Discussion in 'Off Topic' started by itzkk96, Jul 9, 2011.
Mondays are the worst. Haven’t felt this bad in weeks.
So I finally got to meet with a counseller at uni today. It went OK? I'm always so awkward at these things. She was certainly the most eccentric one I'd ever had but she was really interesting and seemed to get me at least a little more than other's I'd had before. She was really sweet, if a little hippie dippy, anyway, I'm going to see her again next week.
Hi guys, new to this thread.
Just wanted to ask if anyone has experienced what I seem to go through every single night.
Just before I enter the realm of sleep, I get a very weird rush in my chest that causes me to open my eyes and sit up. I get it about 5-10 times before I finally nod off, but it’s incredibly frustrating and I don’t know how to get rid of it.
I went for tests last February and the doctors put it down to anxiety, but I’m really not sure how to just make it go away?
Not sure if I’m being clear enough, but it feels like an adrenaline rush, my heart starts racing and I get tingles in my right shoulder. I hope I’ve made some sense!

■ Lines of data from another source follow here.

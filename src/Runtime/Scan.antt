-- ===== src/Runtime/Scan.antt =====
-- The scan of every write for strings (collect_string_groups of src/runtime_enrich_core.cpp).
use viy.Base.{
  ℕ, zero, suc, ◌+◌, ◌-◌, ◌*◌, ◌%◌, ◌^◌, Bool, true, false, not, ◌&&◌, ◌||◌, Option, none, some,
  List, [], ◌∷◌, length, take, drop, min, ltb, leb, ◌==◌, if◌then◌else◌,
}
use viy.Runtime.Utf8.{◌>>=◌, RuntimeEncoding, ascii, utf8, utf16_le, utf16_be, utf32_le, utf32_be}
use viy.Runtime.Candidates.{
  StringLayout, nul_terminated, pascal8, pascal16, pascal32, DecodedString, StringScanOptions,
  best_nul_candidate,
}
use viy.Runtime.Pascal.{unique_pascal_candidate}
use viy.Runtime.Pointers.{AddrRange, is_pointer, mapped_ranges}
use viy.Base.Lex.{equal_bytes}
use viy.Runtime.Writes.{DataScope, RunKey, MemoryBytes, same_scope, insert_run, checked_end}

unfoldable pub encoding_id : RuntimeEncoding → ℕ
encoding_id ascii = 0
encoding_id utf8 = 1
encoding_id utf16_le = 2
encoding_id utf16_be = 3
encoding_id utf32_le = 4
encoding_id utf32_be = 5

unfoldable pub layout_id : StringLayout → ℕ
layout_id nul_terminated = 0
layout_id pascal8 = 1
layout_id pascal16 = 2
layout_id pascal32 = 3

pub record StringKey : Type 0 where
  pub addr : ℕ
  pub scope : DataScope
  pub encoding : RuntimeEncoding
  pub layout : StringLayout
  pub raw : List ℕ

pub record StringGroup : Type 0 where
  pub key : StringKey
  pub codepoints : List ℕ
  pub runs : List RunKey

pub record StringCollection : Type 0 where
  pub groups : List StringGroup
  pub observations : ℕ

unfoldable pub same_string_key : StringKey → StringKey → Bool
unfolding same_scope encoding_id layout_id
same_string_key a b =
    same_scope a.scope b.scope
    && a.addr == b.addr
    && encoding_id a.encoding == encoding_id b.encoding
    && layout_id a.layout == layout_id b.layout
    && equal_bytes a.raw b.raw

unfoldable pub same_candidate : DecodedString → DecodedString → Bool
unfolding encoding_id layout_id
same_candidate a b =
    encoding_id a.encoding == encoding_id b.encoding
    && layout_id a.layout == layout_id b.layout
    && equal_bytes a.raw b.raw
    && equal_bytes a.codepoints b.codepoints

-- A word read from its first byte on, and from its last.
unfoldable pub big_word : ℕ → List ℕ → ℕ
big_word value [] = value
big_word value (b ∷ bytes) = big_word (value * 0x100 + b) bytes

unfoldable pub little_word : List ℕ → ℕ
little_word [] = 0
little_word (b ∷ bytes) = little_word bytes * 0x100 + b

unfoldable pub word : Bool → List ℕ → ℕ
unfolding big_word little_word
word big_endian bytes = if big_endian then big_word 0 bytes else little_word bytes

-- The loop over the aligned words; every word has a byte, so the number of bytes is fuel enough.
unfoldable pub word_offsets : ℕ → Bool → ℕ → List AddrRange → List ℕ → ℕ → List ℕ
unfolding is_pointer word
word_offsets zero big_endian width mapped bytes off = []
word_offsets (suc fuel) big_endian width mapped bytes off =
    let rest = word_offsets fuel big_endian width mapped bytes (off + width) in
    if ltb off (length bytes) && leb width (length bytes - off)
    then (if is_pointer mapped (word big_endian (take width (drop off bytes)))
        then off ∷ rest
        else rest)
    else []

abbrev pub no_ranges : List AddrRange → Bool
no_ranges [] = true
no_ranges (r ∷ ranges) = false

unfoldable pub pointer_offsets : StringScanOptions → List AddrRange → MemoryBytes → List ℕ
unfolding word_offsets
pointer_offsets options mapped observation =
    let width = options.pointer_width in
    if not (no_ranges mapped) && (width == 4 || width == 8)
    then word_offsets (length observation.bytes) options.image_big_endian width mapped
        observation.bytes ((width - observation.addr % width) % width)
    else []

-- lower_bound: the first offset at `start` or above, and the one before it.
unfoldable pub offset_from : ℕ → List ℕ → Option ℕ
offset_from start [] = none
offset_from start (off ∷ offsets) = if ltb off start then offset_from start offsets else some off

unfoldable pub offset_before : ℕ → List ℕ → Option ℕ
offset_before start [] = none
offset_before start (off ∷ offsets) =
    if ltb off start
    then elim (offset_before start offsets) [ none ↦ some off | some o ↦ some o ]
    else none

abbrev pub within : (ℕ → ℕ) → ℕ → Option ℕ → Bool
within distance limit none = false
within distance limit (some off) = ltb (distance off) limit

unfoldable pub overlaps_pointer : List ℕ → ℕ → ℕ → ℕ → Bool
unfolding offset_from offset_before
overlaps_pointer offsets width start size =
    within (λ off. off - start) size (offset_from start offsets)
    || within (λ off. start - off) width (offset_before start offsets)

-- Two layouts that disagree select nothing.
unfoldable pub selected : Option DecodedString → Option DecodedString → Option DecodedString
unfolding same_candidate
selected (some nul) (some pascal) = if same_candidate nul pascal then some nul else none
selected (some nul) none = some nul
selected none (some pascal) = some pascal
selected none none = none

-- The tests of a selected candidate: it fits, its addresses do not overflow, and it overlaps no
-- pointer.
unfoldable pub accepted : List ℕ → ℕ → MemoryBytes → ℕ → DecodedString → Option DecodedString
unfolding overlaps_pointer checked_end
accepted offsets width observation offset candidate =
    if candidate.raw_size == 0
      || ltb (length observation.bytes - offset) candidate.raw_size
      || ltb ((2 ^ 64 - 1) - observation.addr) offset
    then none
    else elim (checked_end (observation.addr + offset) candidate.raw_size) [
      | none ↦ none
      | some candidate_end ↦
          if overlaps_pointer offsets width offset candidate.raw_size then none else some candidate
    ]

-- What the loop accepts at an offset.
unfoldable pub candidate_at : StringScanOptions → List ℕ → MemoryBytes → ℕ → Option DecodedString
unfolding selected accepted overlaps_pointer
candidate_at options offsets observation offset =
    let probe =
      take (min options.max_candidate_bytes (length observation.bytes - offset))
        (drop offset observation.bytes) in
    if overlaps_pointer offsets options.pointer_width offset 1
    then none
    else (selected (best_nul_candidate probe options) (unique_pascal_candidate probe options)
        >>= accepted offsets options.pointer_width observation offset)

unfoldable pub add_string : StringKey → List ℕ → RunKey → List StringGroup → List StringGroup
unfolding same_string_key insert_run
add_string key codepoints run [] =
    record { key = key; codepoints = codepoints; runs = run ∷ [] } ∷ []
add_string key codepoints run (g ∷ groups) =
    let rest = add_string key codepoints run groups in
    if same_string_key g.key key
    then record { key = g.key; codepoints = codepoints; runs = insert_run run g.runs } ∷ groups
    else g ∷ rest

unfoldable pub add_candidate : MemoryBytes → ℕ → DecodedString → StringCollection → StringCollection
unfolding add_string
add_candidate observation offset candidate result = record {
  groups =
      add_string
        record {
          addr = observation.addr + offset;
          scope = observation.scope;
          encoding = candidate.encoding;
          layout = candidate.layout;
          raw = candidate.raw;
        }
        candidate.codepoints observation.run result.groups;
  observations = suc result.observations;
}

-- The loop over one observation: what is accepted at which offset. A step passes a byte at least,
-- so the number of bytes is fuel enough.
unfoldable pub scan :
    ℕ → StringScanOptions → List ℕ → MemoryBytes → ℕ → ℕ → List (ℕ × DecodedString)
unfolding candidate_at
scan zero options offsets observation offset count = []
scan (suc fuel) options offsets observation offset count =
    elim (ltb offset (length observation.bytes) && ltb count options.max_candidates_per_write) [
      | false ↦ []
      | true ↦ elim (candidate_at options offsets observation offset) [
        | none ↦ scan fuel options offsets observation (suc offset) count
        | some c ↦
            (offset, c) ∷ scan fuel options offsets observation (offset + c.raw_size) (suc count)
      ]
    ]

unfoldable pub add_candidates :
    MemoryBytes → List (ℕ × DecodedString) → StringCollection → StringCollection
unfolding add_candidate
add_candidates observation [] result = result
add_candidates observation ((offset, c) ∷ candidates) result =
    add_candidates observation candidates (add_candidate observation offset c result)

unfoldable pub scan_observation :
    StringScanOptions → List AddrRange → MemoryBytes → List (ℕ × DecodedString)
unfolding scan pointer_offsets
scan_observation options mapped observation =
    scan (length observation.bytes) options (pointer_offsets options mapped observation) observation
      0 0

unfoldable pub scan_all :
    StringScanOptions → List AddrRange → List MemoryBytes → StringCollection → StringCollection
unfolding scan_observation add_candidates
scan_all options mapped [] result = result
scan_all options mapped (o ∷ observations) result =
    scan_all options mapped observations
      (add_candidates o (scan_observation options mapped o) result)

unfoldable pub collect_string_groups : List MemoryBytes → StringScanOptions → StringCollection
unfolding scan_all mapped_ranges
collect_string_groups observations options =
    let empty : StringCollection = record { groups = []; observations = 0 } in
    if options.minimum_characters == 0
      || options.max_candidate_bytes == 0
      || options.max_candidates_per_write == 0
    then empty
    else scan_all options (mapped_ranges options.pointer_ranges) observations empty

Unfortunately yeah, this sounds anxiety related. My body goes through all sorts of weird things when I get anxious (neck aches, adrenaline/heart pounding that makes me convinced I'm having a heart attack, tingly limbs) – even if I consciously feel anxious or not – and they're annoying.
Have you tried ditching screens before bedtime, and trying some mindfulness/meditation stuff?
Not getting the validation from work is really not helping my mental health. It makes me feel less than and that I’ve come so far in my career to be ignored and pushed over again.
I know this sounds like typical doctors advice that makes you roll your eyes but last year I was so, so down, especially in the last few months of the year, but since joining the gym this January I can't describe it - I feel like a dark cloud has lifted? Maybe it's the exercise, maybe it's the routine of going, and I know it doesn't work for everyone but I'm feeling kind of proud of myself for it. I didn't even join with the purpose of helping my mood, it's just crept up on me!
I went to see a counsellor while at University and I found it really helpful. I didn’t realise how much impact University life actual has your mental health until I was struggling. People just think it’s bar crawls and fun, but it’s actually a lot of pressure.
Hope you get something out of it.
I wanna work out but i have a fear of my heart going too fast. Ugh
Are you sure it's not the D
(and not the Poo/Pee).
The D has been a constant <3
Only if u show urs
Ma’am, this is a Wendy’s.
They gave me a shitty 2019 bonus from what I got last 2018 and the increment was horrible as well after working there for 5 years. While newbies coming in with less experience (getting a lot of help from my team) but more ass kissing skills are being lauded over and getting more bonuses after working there for just less than a year.
Typical corporate bullshit.
When I voiced out my dissatisfaction I was told to be grateful with what I’ve got and if made any further remarks they’ll hold the payment and decide if I’m getting anything at all - which I saw and read as a complete threat.
Fucking unprofessional and totally disgusting. I’ll focus on getting out this year.
When I had a short spell of severe anxiety many years ago, I had this exact same fear. I had a bit of CBT and my therapist recommended a heart rate monitor to keep an eye on things etc. I found great relief in having the control but also watching my heart rate come down after going up. It still bothered me a bit but over time it completely subsided. All the best x
I had been living with a man for three months and i had developed a huge crush to him and we shared a lot. However i ended up lending him a good amount of money like an idiot and now he has kinda disappeared on me. He had been talking about his life being in danger and he never actively tried to use me for money (as far as i could feel in that situation) so i'm also scared for his life if he were telling the truth.
I am very triggered by all of this. The theme of being abused feels similar and now i feel like that lost child again.
It's ridiculous how internet can approximate people but at same time this isn't really good at all? I was doing so fine today until a billion of family problems started pop up on my whatsapp. I wish people could just resolve their on questions and don't envolve everyone around because they made wrong decisions.
This is all so triggering to me. I'm feeling really bad. I just need to graduate and move to another state or even another country. Physical distance can't really solve everything but I'm really conviced that it helps a lot.
Anyone have experience using light therapy lamps? I bought one at the suggestion of my therapist and I'm trying to figure out how best to incorporate it into my day. I don't love the idea of having it on my desk at work (but am flexible) and I often don't get up with enough time in the morning to sit with it before work. Also not sure how long I need to sit with it for it to do anything? I've tried it a few times for 20 minutes at a time and didn't get the impression it did much.
It's a bad night. I was feeling pretty meh all day but then something shifted and now I feel really really low with absolutely no reason to. I'm just lying here feeling like shit, not wanting to bother anybody. My brain keeps going to dark places that it hasn't been in awhile and I just feel shitty.
It's only 9:30pm and I haven't eaten dinner (I had a small snack) but I'm legit considering just going to sleep because I can't deal with this feeling.